Please copy each line of the data that includes the string "where".

[TASK MATERIAL]:
- - - - -

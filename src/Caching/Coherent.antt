-- ===== src/Caching/Coherent.antt =====
-- What the cache and the store below hold together.
use libcryfs.Common.{
  ◌≡◌, refl, Bool, true, false, not, ◌&&◌, ◌||◌, Option, none, some, List, [], ◌∷◌, arith,
  if◌then◌else◌, Bool-cases, Option-cases, inl, inr,
}
use libcryfs.Common.Equality.{◌==◌, bytes_eq}
use libcryfs.Common.Result.{ok}
use libcryfs.Common.Assoc.{Assoc, find}
use libcryfs.Common.Bytes.{Data, BlockId}
use libcryfs.BlockStore.{BlockStore2, IsLawful, is_some}
use libcryfs.Caching.Cache.{CacheEntry}
use libcryfs.Caching.Store.{CachedBlock, contains, insert_id, erase_id, Below, destruct}

abbrev pub Entries : Type 0
Entries = Assoc BlockId (CacheEntry CachedBlock)

-- What is returned for a block that has this entry in the cache and this content below.
abbrev pub seen : Option (CacheEntry CachedBlock) → Option Data → Option Data
seen none below = below
seen (some entry) below = some entry.value.content

abbrev pub is_content : Data → Option Data → Bool
is_content d none = false
is_content d (some c) = c == d

-- A block that is not in the store below is dirty in the cache. A block of the cache that is not
-- dirty is the one below.
abbrev pub good : BlockId → Option (CacheEntry CachedBlock) → Option Data → Bool → Bool
good b none below not_in_base = not not_in_base
good b (some entry) below not_in_base =
    (entry.value.block_id == b)
    && (if not_in_base
        then entry.value.dirty && not (is_some below)
        else is_some below && (entry.value.dirty || is_content entry.value.content below))

pub contains-insert_id :
    (a b : BlockId) (ids : List BlockId)
    → contains a (insert_id b ids) ≡ ((a == b) || contains a ids)
unfolding insert_id
contains-insert_id a b ids = elim (Bool-cases (contains b ids)) [
  | inl old ↦ ground (arith, old, bytes_eq.beq_iff a b)
  | inr new ↦ ground (arith, new)
]

pub contains-erase_id :
    (a b : BlockId) (ids : List BlockId)
    → contains a (erase_id b ids) ≡ (not (a == b) && contains a ids)
unfolding erase_id
contains-erase_id a b [] = ground arith
contains-erase_id a b (c ∷ ids) = ground (
  arith,
  contains-erase_id a b ids,
  bytes_eq.beq_iff a b,
  bytes_eq.beq_iff b c,
  bytes_eq.beq_iff a c,
)

module _ {S : BlockStore2} {contents : S.State → BlockId → Option Data}
    (L : IsLawful S contents) where
  -- The destructor of a block writes it where it is dirty.
  pub destruct-eq :
      (b : CachedBlock) (w : Below S)
      → (u : Below S) × (destruct b w ≡ ok u)
        × ((a : BlockId)
            → contents u.base a
              ≡ (if b.dirty && (a == b.block_id) then some b.content else contents w.base a))
        × ((a : BlockId)
            → contains a u.not_in_base_store
              ≡ (not (a == b.block_id) && contains a w.not_in_base_store))
  unfolding destruct
  destruct-eq b w = elim (Bool-cases b.dirty) [
    | inl dirty ↦
        let (base, stored, view) = L.store_lem b.block_id b.content w.base in
        (
          record { base = base; not_in_base_store = erase_id b.block_id w.not_in_base_store },
          rw (dirty, stored) refl,
          λ a. ground (arith, dirty, view a),
          λ a. contains-erase_id a b.block_id w.not_in_base_store,
        )
    | inr clean ↦ (
      record { base = w.base; not_in_base_store = erase_id b.block_id w.not_in_base_store },
      rw clean refl,
      λ a. ground (arith, clean),
      λ a. contains-erase_id a b.block_id w.not_in_base_store,
    )
  ]

  -- The entries and the store below fit; `extra` are blocks that will be listed as not in the store
  -- below.
  abbrev pub Coherent : (BlockId → Bool) → Below S → Entries → Type 0
  Coherent extra w l =
      (a : BlockId)
      → good a (find a l) (contents w.base a) (contains a w.not_in_base_store || extra a) ≡ true

  -- To delete the first entry changes nothing that is seen.
  pub evict-Coherent :
      (extra : BlockId → Bool) (w : Below S) (k : BlockId) (entry : CacheEntry CachedBlock)
      (l : Entries)
      → find k l ≡ none
      → extra k ≡ false
      → Coherent extra w ((k, entry) ∷ l)
      → (u : Below S) × (destruct entry.value w ≡ ok u)
        × Coherent extra u l
        × ((a : BlockId)
            → seen (find a l) (contents u.base a)
              ≡ seen (find a ((k, entry) ∷ l)) (contents w.base a))
  unfolding find
  evict-Coherent extra w k entry l distinct new c =
      let (u, destructed, view, listed) = destruct-eq entry.value w in
      (
        u,
        destructed,
        λ a. ground (
          arith,
          view a,
          listed a,
          c a,
          c k,
          bytes_eq.beq_iff a k,
          bytes_eq.beq_iff a entry.value.block_id,
          bytes_eq.beq_iff k k,
          bytes_eq.beq_iff entry.value.block_id k,
        ),
        λ a.
            let i1 = bytes_eq.beq_iff a k in
            let i2 = bytes_eq.beq_iff a entry.value.block_id in
            let i3 = bytes_eq.beq_iff entry.value.block_id k in
            elim (Option-cases (contents w.base a)) [
              | inl absent ↦
                  ground (arith, view a, c a, c k, i1, i2, i3, bytes_eq.beq_iff k k, absent)
              | inr (d, found) ↦ ground (
                arith,
                view a,
                c a,
                c k,
                i1,
                i2,
                i3,
                bytes_eq.beq_iff k k,
                found,
                bytes_eq.beq_iff d entry.value.content,
              )
            ],
      )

- - - - -

[TASK OUTPUT]:
    (L : IsLawful S contents) where
  -- The destructor of a block writes it where it is dirty.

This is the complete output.